The action takes place agains the constant comins and goings in the tenament with Abraham Kaplan (Paul Featherstone), Lippo Fiorentino (Joseph Shovelton), Gret Fiorentino (Simone Sauphanor), Emma Jones (Charlotte Page), Carl Olsen (Paul Reeves), Olga Olsen (Harriet Williams) and Mrs Hildebrand (Joanna Foote) providing an entertaining, but poignantly dramatic backdrop. John Moabi was Henry Davis, the janitor, but also reappeared as Dick McGann, who had an impressively lively dance number with Mae Jones (Kate Nelson). Daniel Buchanan, the young man who spends most of the opera anticipating the birth of his first baby, was played by Nathan Vale, a tenor who I have only ever heard in Handel.

In parallel to the tragic love-triangle, was the relationship between Sam Kaplan (Paul Curievici) and Rose Maurrant (Susanna Hurrell), hesitantly developing via Weill's haunting setting of Walt Whitman's 'When Lilacs last in the door-yard bloomed. Hurrell was charming and perhaps slightly too cool, but she provided an apt foil for Curievici's deeply intense Sam. Occasionnally Curievici's voice hardened under pressure, but his was a finely taut performance which was ultimately heartbreaking.

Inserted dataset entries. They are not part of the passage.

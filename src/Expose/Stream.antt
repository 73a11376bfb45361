-- ===== src/Expose/Stream.antt =====
-- expose/tunnel.rs: the client's copy of the stream over a web socket, and the loop of `run_tunnel`.
pub mod Same
mod Tests
use loophole.Base.{
  Result, ok, err, Option, ◌++◌, ℕ, ◌≡◌, refl, Bool, true, false, none, some, List, [], ◌∷◌, length,
  take, drop, ltb, min, if◌then◌else◌,
}
use loophole.Text.{Text}
use loophole.Text.Utf8.{Bytes}
use loophole.Socket.{Message, text, binary, close, ping, pong, message, failed, ended, Polled}
use loophole.Server.Compat.Defs as Server
use loophole.Server.Compat.Defs.{
  Compat, PollWrite, written, write_failed, write_pending, PollDone, done, done_failed,
  done_pending, PollRead, read, read_failed, read_pending, rest_of, poll_inner,
}

pub record WsCompat : Type 0 where
  pub inner : List Polled
  pub read_buffer : List Bytes
  pub closed : Bool

unfoldable pub poll_read : WsCompat → ℕ → WsCompat × PollRead
poll_read c n = elim c.read_buffer [
  | payload ∷ rest ↦ (
    record c { read_buffer = rest_of n payload rest },
    read (take (min (length payload) n) payload),
  )
  | [] ↦ if c.closed then (c, read []) else elim c.inner [
    | [] ↦ (c, read_pending)
    | some (message (binary payload)) ∷ polls ↦
        let len = min (length payload) n in
        (
          record c {
            inner = polls;
            read_buffer = if ltb len (length payload) then drop len payload ∷ [] else [];
          },
          read (take len payload),
        )
    | some (message close) ∷ polls ↦ (record c { inner = polls; closed = true }, read [])
    | some (message _) ∷ polls ↦ (record c { inner = polls }, read_pending)
    | some (failed e) ∷ polls ↦ (record c { inner = polls }, read_failed e)
    | some ended ∷ polls ↦ (record c { inner = polls; closed = true }, read [])
    | none ∷ polls ↦ (record c { inner = polls }, read_pending)
  ]
]

-- The messages sent, after a write, as in the server's copy.
unfoldable pub poll_write :
    List Message
    → Bytes
    → Option (Result Text (Unit {0}))
    → Result Text (Unit {0})
    → List Message × PollWrite
poll_write sent buf ready start_send = elim ready [
  | some (ok _) ↦ elim start_send [
    | ok _ ↦ (sent ++ (binary buf ∷ []), written (length buf))
    | err e ↦ (sent, write_failed e)
  ]
  | some (err e) ↦ (sent, write_failed e)
  | none ↦ (sent, write_pending)
]

unfoldable pub poll_flush : Option (Result Text (Unit {0})) → PollDone
poll_flush flushed = elim flushed [
  | some (ok _) ↦ done
  | some (err e) ↦ done_failed e
  | none ↦ done_pending
]

unfoldable pub poll_close : Option (Result Text (Unit {0})) → PollDone
poll_close closed = elim closed [
  | some (ok _) ↦ done
  | some (err e) ↦ done_failed e
  | none ↦ done_pending
]

-- What `yamux` delivers: a stream, with its number, an error, or the end.
pub data Inbound : Type 0 where
  stream : ℕ → Inbound
  yamux_error : Text → Inbound
  no_more : Inbound

-- The streams that are handed to `handle_tunnel_stream`, and whether the loop has ended.
unfoldable pub run_tunnel : List Inbound → List ℕ × Bool
run_tunnel [] = ([], false)
run_tunnel (stream s ∷ items) = (s ∷ (run_tunnel items).0, (run_tunnel items).1)
run_tunnel (yamux_error e ∷ items) = ([], true)
run_tunnel (no_more ∷ items) = ([], true)

-- The server's stream with the same state.
abbrev pub as_compat : WsCompat → Compat
as_compat c = record { inner = c.inner; read_buffer = c.read_buffer; closed = c.closed }

poll_read-of :
    (inner : List Polled) (buffer : List Bytes) (closed : Bool) (n : ℕ)
    → let c : WsCompat = record { inner = inner; read_buffer = buffer; closed = closed } in
      (as_compat (poll_read c n).0, (poll_read c n).1) ≡ Server.poll_read (as_compat c) n
unfolding poll_read Server.poll_read poll_inner
poll_read-of inner (payload ∷ rest) closed n = refl
poll_read-of inner [] true n = refl
poll_read-of [] [] false n = refl
poll_read-of (none ∷ ps) [] false n = refl
poll_read-of (some (failed x) ∷ ps) [] false n = refl
poll_read-of (some ended ∷ ps) [] false n = refl
poll_read-of (some (message close) ∷ ps) [] false n = refl
poll_read-of (some (message (text t)) ∷ ps) [] false n = refl
poll_read-of (some (message ping) ∷ ps) [] false n = refl
poll_read-of (some (message pong) ∷ ps) [] false n = refl
poll_read-of (some (message (binary b)) ∷ ps) [] false n = refl

-- The client's copy of the stream reads as the server's does.
pub poll_read-same :
    (c : WsCompat) (n : ℕ)
    → (as_compat (poll_read c n).0, (poll_read c n).1) ≡ Server.poll_read (as_compat c) n
poll_read-same c n = poll_read-of c.inner c.read_buffer c.closed n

Arthur Pita's choregraphy (revived by Yann Seabra), was delightfully inventive. Lacking a chorus or extra dancers, Pita used the cast to provide some well chosen movement evoking the work's Broadway origins.

Initially I thought that perhaps the BBC Concert Orchestra under Keith Lockhart were a little too loud and the cast seem to have trouble projecting both words and music, but things soon settled down and the orchestra provided a lively and at time sensitive accompaniment.

This was an evening which restored my faith in Weill's opera. Fulljames and his hard-working cast gave a rivetting performance which mixed tragedy and comedy in just the right proportions.